Answer: No. The result is always the same regardless of which number you put in V1 and which you put in V2. You can check this yourself by switching the numbers and recalculating.

How is percentage difference different from percentage error?

Answer: Percentage error is used in science when you have a known or accepted correct value. That correct value is used as the reference point in the formula. Percentage difference is used when neither value is considered more correct than the other, and the average is used as the reference point instead.

When is a ratio better than a percentage difference?

Answer: If one number is many times larger than the other, a ratio is usually clearer.

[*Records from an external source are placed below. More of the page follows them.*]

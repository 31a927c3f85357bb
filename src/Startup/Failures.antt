-- ===== src/Startup/Failures.antt =====
-- What is left behind when one of the programs of src/native/src/client.cc and server.cc fails to start, or ends by
-- an exception.
use snakesocks.Base.{
  List, [], none, ◌≡◌, refl, ap, sym, ◌∙◌, ℕ, Bool, Option, some, Bool-cases, inl, inr,
}
use snakesocks.Io.{Bytes, Error, Result, ok, thrown, overrun, M, follow, ◌>>=◌, return}
use snakesocks.Module.Loading.{Loader, load_so}
use snakesocks.Module.Handle.{Interface, construct, destroy, move_from}
use snakesocks.Environment.{Environment}
use snakesocks.Config.{ℤ, Boost, ClientConfig, ServerConfig}
use snakesocks.Program.{Options, LogLevel, client_main, server_main, exit_code}
use snakesocks.ThreadPool.Pool.{Pool}
use snakesocks.Startup.{
  Machine, on_sockets, Running, unwind, in_server, in_tunnel, build, build_again, client_program,
  server_program, listen_socks, listen_tunnel,
}

module _ (boost : Boost) (loader : Loader) (env : Environment)
    (dlclose : loader.Handle → loader.World → loader.World) where
  abbrev pub State : Type 0
  State = Machine boost.World loader.World env.io.World

  -- What an error leaves, of the objects and the sockets before. No configuration: no object was opened and no
  -- socket touched. No module: no socket was touched. Later: the object that was opened is closed, once.
  pub data Left (l : loader.World) (w : env.io.World) (t : State) : Type 0 where
    unconfigured : t.loaded ≡ l → t.world ≡ w → Left l w t
    no_module :
        (path : Bytes) (e : Error)
        → load_so loader path l ≡ (thrown e, t.loaded)
        → t.world ≡ w
        → Left l w t
    unloaded :
        (path : Bytes) (handle : loader.Handle) (symbols : List loader.Symbol) (u : loader.World)
        → load_so loader path l ≡ (ok (handle, symbols), u)
        → t.loaded ≡ dlclose handle u
        → Left l w t

  -- The object of a part of the program that owns the module `handle` when it begins is closed if it throws.
  abbrev Closes : {A : Type 0} → loader.Handle → loader.World → Result A × State → Type 0
  Closes handle l p = (t : State) (e : Error) → p ≡ (thrown e, t) → t.loaded ≡ dlclose handle l

  module _ (handle : loader.Handle) (symbols : List loader.Symbol) where
    abbrev mod_ : Interface loader
    mod_ = record { functions = symbols; so_handle = some handle }

    abbrev emptied : Interface loader
    emptied = record { functions = []; so_handle = none }

    listened :
        {C : Type 0} (p : Result C × env.io.World) (s : State)
        → Closes handle s.loaded (
            unwind boost loader env dlclose emptied
              (unwind boost loader env dlclose mod_ (p.0, record s { world = p.1 })))
    unfolding destroy
    listened (ok c, w) s t e h = absurd (cc)
    listened (thrown x, w) s t e h = sym (ap (λ q. q.1.loaded) h)
    listened (overrun, w) s t e h = absurd (cc)

    built_again :
        {B C : Type 0} (p : Result B × env.io.World) (third : B → M env.io.World C) (s : State)
        → Closes handle s.loaded (
            unwind boost loader env dlclose emptied (
              follow
                (unwind boost loader env dlclose emptied
                  (unwind boost loader env dlclose mod_ (p.0, record s { world = p.1 })))
                (λ b s2. unwind boost loader env dlclose mod_ (
                  on_sockets
                    (third b)
                    (record s2 { loaded = destroy loader dlclose emptied s2.loaded })))))
    unfolding destroy
    built_again (ok b, w) third s t e h = listened (third b w) (record s { world = w }) t e h
    built_again (thrown x, w) third s t e h = sym (ap (λ q. q.1.loaded) h)
    built_again (overrun, w) third s t e h = absurd (cc)

    in_server-Closes :
        {A B C : Type 0} (p : Result A × env.io.World) (second : A → M env.io.World B)
        (third : B → M env.io.World C) (s : State)
        → Closes handle s.loaded (
            unwind boost loader env dlclose emptied (
              follow (unwind boost loader env dlclose mod_ (p.0, record s { world = p.1 })) (λ a s1.
                follow
                  (unwind boost loader env dlclose emptied
                    (unwind boost loader env dlclose mod_ (on_sockets (second a) s1)))
                  (λ b s2. unwind boost loader env dlclose mod_ (
                    on_sockets
                      (third b)
                      (record s2 { loaded = destroy loader dlclose emptied s2.loaded }))))))
    unfolding destroy
    in_server-Closes (ok a, w) second third s t e h =
        built_again (second a w) third (record s { world = w }) t e h
    in_server-Closes (thrown x, w) second third s t e h = sym (ap (λ q. q.1.loaded) h)
    in_server-Closes (overrun, w) second third s t e h = absurd (cc)

  -- What a program does with the module that it has loaded.
  abbrev loaded_from :
      {A : Type 0}
      → (Interface loader → Running boost loader env dlclose A)
      → State
      → Result (loader.Handle × List loader.Symbol) × loader.World
      → Result A × State
  loaded_from body s p =
      let q : Result (Interface loader) × loader.World =
        follow p (λ opened. return (record { functions = opened.1; so_handle = some opened.0 })) in
      follow (q.0, record s { loaded = q.1 }) body

  loaded-Left :
      {A : Type 0} (path : Bytes) (body : Interface loader → Running boost loader env dlclose A)
      (s t : State) (e : Error) (p : Result (loader.Handle × List loader.Symbol) × loader.World)
      → ((handle : loader.Handle) (symbols : List loader.Symbol) (s' : State)
          → Closes handle s'.loaded (body (mod_ handle symbols) s'))
      → load_so loader path s.loaded ≡ p
      → loaded_from body s p ≡ (thrown e, t)
      → Left s.loaded s.world t
  loaded-Left path body s t e (ok (handle, symbols), u) closes opened h =
      unloaded path handle symbols u opened (closes handle symbols (record s { loaded = u }) t e h)
  loaded-Left path body s t e (thrown x, u) closes opened h =
      no_module path x (opened ∙ ap (λ l. (thrown x, l)) (ap (λ q. q.1.loaded) h))
        (sym (ap (λ q. q.1.world) h))
  loaded-Left path body s t e (overrun, u) closes opened h = absurd (cc)

  configured-Left :
      {A C : Type 0} (path : C → Bytes)
      (body : C → Interface loader → Running boost loader env dlclose A) (s t : State) (e : Error)
      (p : Result C × boost.World)
      → ((c : C) (handle : loader.Handle) (symbols : List loader.Symbol) (s' : State)
          → Closes handle s'.loaded (body c (mod_ handle symbols) s'))
      → follow
          (p.0, record s { files = p.1 })
          (λ c s'. loaded_from (body c) s' (load_so loader (path c) s'.loaded))
        ≡ (thrown e, t)
      → Left s.loaded s.world t
  configured-Left path body s t e (ok c, b) closes h =
      loaded-Left (path c) (body c) (record s { files = b }) t e (load_so loader (path c) s.loaded)
        (closes c) refl h
  configured-Left path body s t e (thrown x, b) closes h =
      unconfigured (sym (ap (λ q. q.1.loaded) h)) (sym (ap (λ q. q.1.world) h))
  configured-Left path body s t e (overrun, b) closes h = absurd (cc)

  module _ (stoi : Bytes → Option ℤ) (daemon : M boost.World Bool) (meanwhile during : Pool → Pool)
      (rounds : ℕ) (help : Bool) (o : Options) (s t : State) (e : Error) where
    -- When the client ends by an exception, whichever it is and whenever it comes, it returns 2, and a module
    -- that it has loaded is closed, once, by one of the three objects that it has been moved through; without
    -- one no socket was touched.
    pub client_program-Left :
        (accept : ℕ → env.io.World → Option ℕ × env.io.World) (attempts : ℕ) (memory : ClientConfig)
        (memory' : Bool)
        → client_program boost loader env dlclose accept meanwhile during attempts rounds stoi
            daemon help o memory memory' s
          ≡ (thrown e, t)
        → Left s.loaded s.world t
          × (exit_code (
                client_program boost loader env dlclose accept meanwhile during attempts rounds stoi
                  daemon help o memory memory' s)
              ≡ some 2)
    unfolding client_program exit_code construct
    client_program-Left accept attempts memory memory' h = (
      elim (Bool-cases help) [
        | inl asked ↦ absurd (let k = rw asked at h in cc)
        | inr not_asked ↦
            configured-Left {C = ClientConfig × LogLevel} (λ c. c.0.module_path)
              (λ c m.
                in_server boost loader env dlclose m
                  (build boost loader env dlclose accept meanwhile during attempts rounds c.0)
                  (build_again boost loader env dlclose accept meanwhile during attempts rounds
                    memory')
                  (listen_socks boost loader env dlclose accept meanwhile during attempts rounds
                    c.0))
              s t e (client_main boost stoi daemon o memory s.files)
              (λ c handle symbols s'.
                unfold move_from in
                in_server-Closes handle symbols
                  (build boost loader env dlclose accept meanwhile during attempts rounds c.0
                    s'.world)
                  (build_again boost loader env dlclose accept meanwhile during attempts rounds
                    memory')
                  (listen_socks boost loader env dlclose accept meanwhile during attempts rounds
                    c.0)
                  s')
              (rw not_asked at h)
      ],
      rw h refl,
    )

    -- And so does the server.
    pub server_program-Left :
        (quick_listen : Bytes → ℕ → M env.io.World ℕ) (quick_accept : ℕ → M env.io.World ℕ)
        → server_program boost loader env dlclose quick_listen quick_accept meanwhile during rounds
            stoi daemon help o s
          ≡ (thrown e, t)
        → Left s.loaded s.world t
          × (exit_code (
                server_program boost loader env dlclose quick_listen quick_accept meanwhile during
                  rounds stoi daemon help o s)
              ≡ some 2)
    unfolding server_program exit_code construct
    server_program-Left quick_listen quick_accept h = (
      elim (Bool-cases help) [
        | inl asked ↦ absurd (let k = rw asked at h in cc)
        | inr not_asked ↦
            configured-Left {C = ServerConfig × LogLevel} (λ c. c.0.module_path)
              (λ c m. in_tunnel boost loader env dlclose m (
                listen_tunnel boost loader env dlclose quick_listen quick_accept meanwhile during
                  rounds c.0
                >>= λ pool. return (some pool)))
              s t e (server_main boost stoi daemon o s.files)
              (λ c handle symbols s'.
                unfold move_from in
                listened handle symbols
                  ((listen_tunnel boost loader env dlclose quick_listen quick_accept meanwhile
                        during rounds c.0
                      >>= λ pool. return (some pool))
                    s'.world)
                  s')
              (rw not_asked at h)
      ],
      rw h refl,
    )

Saying “Company B is 15 times larger than Company A” is easier to understand than reporting a percentage difference close to 200%. Ratios work best when the gap between numbers is very large.

Does the formula work for negative numbers?

Answer: The standard percentage difference formula is designed for positive numbers. If one or both numbers are negative, the average in the denominator could become zero or very small, which causes problems in the calculation. If you are dealing with negative numbers, use absolute difference or a different comparison method.

What counts as a significant percentage difference?

Answer: There is no single answer. It depends on what you are measuring. A difference of 1% is large in pharmaceutical research but barely noticeable in a rough population estimate. A difference of 20% might be alarming in a lab measurement but completely normal when comparing house prices in two different areas. Always interpret your result in the context of what you are actually measuring.

How do I explain the result to someone else?

Answer: Here are a few simple ways to phrase it. “There is a 12% difference between the two measurements.” Or: “The two values differ by 8.7% from their average.” Or: “Both scores are close, with less than 8% separating them.” Pick the phrasing that fits your audience and situation.